Start of Provided entries

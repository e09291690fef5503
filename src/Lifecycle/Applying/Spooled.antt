-- ===== src/Lifecycle/Applying/Spooled.antt =====
-- service.go: `ApplyCDCEvents` and its caller leave the spool alone.
use dts.Common.{
  ℕ, zero, suc, String, Bool, true, false, ◌≡◌, ◌∙◌, ap, if◌then◌else◌, length, not, ◌=s=◌, ◌||◌,
  last?, List, Option, none, some, Result, arith, Option-cases, inl, inr,
}
use dts.Domain.{Task, CdcEvent, CdcPosition, SpoolRecord}
use dts.Store.Defs.{Store, get_migration, update_migration}
use dts.Lifecycle.Positions.{cdc_apply_ready}
use dts.Lifecycle.Service.{refused}
use dts.Store.Positions.{create_cdc_position}
use dts.Lifecycle.Applying.Effects.{
  Events, World, Failure, fault, blocked, Run, ◌>>=◌, ◌>>◌, return, throw, ask, lift, after,
  after->>=,
}
use dts.Lifecycle.Applying.Fence.{
  Settings, CommitFence, begin_cdc_commit_fence, complete_cdc_commit_fence,
  cleanup_transient_cdc_commit_fence, unresolved_commit_recovery,
}
use dts.Lifecycle.Applying.Events.{
  Commit, check, fail_if, store_progress, record_progress, persist_cdc_apply_result,
  commit_transaction, settle, apply_rows, apply_checkpoints, apply_found, apply_new,
  apply_duplicate, apply_checked, apply_to, apply_cdc_events, is_duplicate, blocks, all_checkpoints,
  known_result, applied_result, checkpoint_of,
}
use dts.Lifecycle.Applying.Kept.{begin-Kept, complete-Kept, cleanup-Kept, commit_cases}

module _ (spool : List (SpoolRecord (CdcEvent String))) where
  -- The world holds this spool.
  abbrev pub Holds : World → Type 0
  Holds w = w.store.cdc_spool ≡ spool

  -- A program that leaves it, in every world and however far it gets.
  abbrev pub Keeps : {A : Type 0} → Run A → Type 0
  Keeps m = (n : ℕ) (w : World) → Holds w → Holds (after m n w)

  Keeps->>= :
      {A B : Type 0} (m : Run A) (f : A → Run B)
      → Keeps m
      → ((a : A) → Keeps (f a))
      → Keeps (m >>= f)
  Keeps->>= m f first rest n w h =
      after->>= Holds m f n w (first n w h) (λ a e. rest a (m n w).1 (m n w).2 (first n w h))

  Keeps-ask :
      {A B : Type 0} (g : Store (CdcEvent String) → Result Failure A) (f : A → Run B)
      → ((a : A) → Keeps (f a))
      → Keeps (ask g >>= f)
  Keeps-ask g f rest = Keeps->>= (ask g) f (λ n w h. h) rest

  Keeps-check :
      {B : Type 0} (k : Run B) (b : Bool) (message : String)
      → Keeps k
      → Keeps (check b message >> k)
  Keeps-check k true message go = go
  Keeps-check k false message go = λ n w h. h

  Keeps-fail_if :
      {B : Type 0} (k : Run B) (message : Option String) → Keeps k → Keeps (fail_if message >> k)
  Keeps-fail_if k none go = go
  Keeps-fail_if k (some message) go = λ n w h. h

  Keeps-if : {A : Type 0} (b : Bool) (m k : Run A) → Keeps m → Keeps k → Keeps (if b then m else k)
  Keeps-if true m k first second = first
  Keeps-if false m k first second = second

  store_progress-Keeps :
      (now : ℕ) (p : CdcPosition) (task : Task) → Keeps (store_progress now p task)
  unfolding store_progress create_cdc_position update_migration
  store_progress-Keeps now p task zero w h = h
  store_progress-Keeps now p task (suc zero) w h = h
  store_progress-Keeps now p task (suc (suc n)) w h = ground (arith, h)

  record_progress-Keeps :
      (now : ℕ) (id direction : String) (p : CdcPosition)
      → Keeps (record_progress now id direction p)
  unfolding record_progress
  record_progress-Keeps now id direction p =
      Keeps-ask (λ s. lift (get_migration s id))
        (λ task.
          if cdc_apply_ready task.status direction
          then store_progress now p task
          else throw (fault (refused "task cannot accept CDC progress")))
        λ task.
          Keeps-if (cdc_apply_ready task.status direction) (store_progress now p task)
            (throw (fault (refused "task cannot accept CDC progress")))
            (store_progress-Keeps now p task) (λ n w h. h)

  module _ (settings : Settings) (now : ℕ) (new_id id direction : String) where
    persist-Keeps :
        (last : CdcEvent String) (total : ℕ)
        → Keeps (persist_cdc_apply_result settings now new_id id direction last total)
    unfolding persist_cdc_apply_result
    persist-Keeps last total n w h =
        let p : CdcPosition = checkpoint_of now new_id id direction last total in
        elim (Option-cases settings.fault_before_checkpoint) [
          | inl e ↦ rw e (
              Keeps->>= (record_progress now id direction p)
                (λ a. return settings.fault_after_checkpoint)
                (record_progress-Keeps now id direction p) (λ a n w h. h) n w h)
          | inr (message, e) ↦ rw e h
        ]

    module _ (events : Events) (last : CdcEvent String) where
      settle-Keeps :
          (fence : CommitFence) → Keeps (settle settings now new_id id direction events last fence)
      unfolding settle
      settle-Keeps fence =
          let result = return (applied_result last (length events)) in
          let complete = complete_cdc_commit_fence now fence in
          Keeps->>= (persist_cdc_apply_result settings now new_id id direction last (length events))
            (λ late. complete >> (fail_if late >> result)) (persist-Keeps last (length events))
            λ late.
              Keeps->>= complete (λ a. fail_if late >> result)
                (λ n w h. (complete-Kept settings id direction last now events fence n w).spool ∙ h)
                λ a. Keeps-fail_if result late (λ n w h. h)

      apply_rows-Keeps :
          (outcome : Commit)
          → Keeps (apply_rows settings now new_id id direction events last outcome)
      unfolding apply_rows
      apply_rows-Keeps outcome n w h =
          let begin = begin_cdc_commit_fence settings now id direction events last in
          let commit = commit_transaction events outcome in
          let rest = settle settings now new_id id direction events last in
          Keeps-fail_if (begin >>= λ fence. commit >> rest fence)
            (settings.take_rows events w.target)
            (Keeps->>= begin (λ fence. commit >> rest fence)
              (λ n w h. (begin-Kept settings id direction last now events n w).spool ∙ h)
              λ fence.
                Keeps->>= commit (λ a. rest fence)
                  (λ n w h. ap (λ s. s.cdc_spool) (commit_cases events outcome n w).0 ∙ h)
                  (λ a. settle-Keeps fence))
            n w h

      apply_checkpoints-Keeps : Keeps (apply_checkpoints settings now new_id id direction last)
      unfolding apply_checkpoints
      apply_checkpoints-Keeps =
          let result = return (applied_result last 0) in
          Keeps->>= (persist_cdc_apply_result settings now new_id id direction last 0)
            (λ late. fail_if late >> result) (persist-Keeps last 0)
            λ late. Keeps-fail_if result late (λ n w h. h)

      apply_found-Keeps :
          (outcome : Commit) (task : Task)
          → Keeps (apply_found settings now new_id outcome task id direction events last)
      unfolding apply_found
      apply_found-Keeps outcome task =
          let rows = apply_rows settings now new_id id direction events last outcome in
          Keeps-if (all_checkpoints events)
            (apply_checkpoints settings now new_id id direction last)
            (fail_if (settings.open_target task) >> rows) apply_checkpoints-Keeps
            (Keeps-fail_if rows (settings.open_target task) (apply_rows-Keeps outcome))

      apply_new-Keeps :
          (bypass : Option String) (outcome : Commit) (task : Task)
          → Keeps (apply_new settings now new_id bypass outcome task id direction events last)
      unfolding apply_new
      apply_new-Keeps bypass outcome task n w h =
          let found = apply_found settings now new_id outcome task id direction events last in
          let blocked_now = blocks bypass (unresolved_commit_recovery id direction w.store) in
          Keeps->>= (if blocked_now then throw blocked else return tt)
            (λ a. fail_if (settings.find_sources task) >> found)
            (Keeps-if blocked_now (throw blocked) (return tt) (λ n w h. h) (λ n w h. h))
            (λ a. Keeps-fail_if found (settings.find_sources task) (apply_found-Keeps outcome task))
            n w h

      apply_checked-Keeps :
          (bypass : Option String) (outcome : Commit) (task : Task)
          → Keeps (apply_checked settings now new_id bypass outcome task id direction events last)
      unfolding apply_checked apply_duplicate
      apply_checked-Keeps bypass outcome task n w h =
          let cleanup = cleanup_transient_cdc_commit_fence settings id direction last in
          Keeps-if (is_duplicate id direction last w.store) (cleanup >> return (known_result last))
            (apply_new settings now new_id bypass outcome task id direction events last)
            (Keeps->>= cleanup (λ a. return (known_result last))
              (λ n w h. (cleanup-Kept settings id direction last n w).spool ∙ h) (λ a n w h. h))
            (apply_new-Keeps bypass outcome task) n w h

    apply_to-Keeps :
        (bypass : Option String) (outcome : Commit) (events : Events) (task : Task)
        (last : Option (CdcEvent String))
        → Keeps (apply_to settings now new_id bypass outcome id direction events task last)
    unfolding apply_to
    apply_to-Keeps bypass outcome events task none = λ n w h. h
    apply_to-Keeps bypass outcome events task (some last) =
        let rest = apply_checked settings now new_id bypass outcome task id direction events last in
        let ready = cdc_apply_ready task.status direction in
        Keeps-check (check ready "CDC apply is unsafe" >> rest) (not (last.position_value =s= ""))
          "final CDC event must include a durable source position"
          (Keeps-check rest ready "CDC apply is unsafe"
            (apply_checked-Keeps events last bypass outcome task))

    -- `ApplyCDCEvents`, whatever becomes of it.
    pub apply_cdc_events-Keeps :
        (bypass : Option String) (outcome : Commit) (events : Events)
        → Keeps (apply_cdc_events settings now new_id bypass outcome id direction events)
    unfolding apply_cdc_events
    apply_cdc_events-Keeps bypass outcome events =
        let known = direction =s= "forward" || direction =s= "reverse" in
        let rest = λ (task : Task).
          apply_to settings now new_id bypass outcome id direction events task (last? events) in
        Keeps-ask (λ s. lift (get_migration s id))
          (λ task. check known "invalid CDC direction" >> rest task)
          λ task.
            Keeps-check (rest task) known "invalid CDC direction"
              (apply_to-Keeps bypass outcome events task (last? events))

End of Provided entries

What this task involves: For this exercise, please output exactly the lines above starting at the line with "(last? events) in" and ending at the line with "Keeps-check (rest task)", ends included.

Solution to this exercise:
          apply_to settings now new_id bypass outcome id direction events task (last? events) in
        Keeps-ask (λ s. lift (get_migration s id))
          (λ task. check known "invalid CDC direction" >> rest task)
          λ task.
            Keeps-check (rest task) known "invalid CDC direction"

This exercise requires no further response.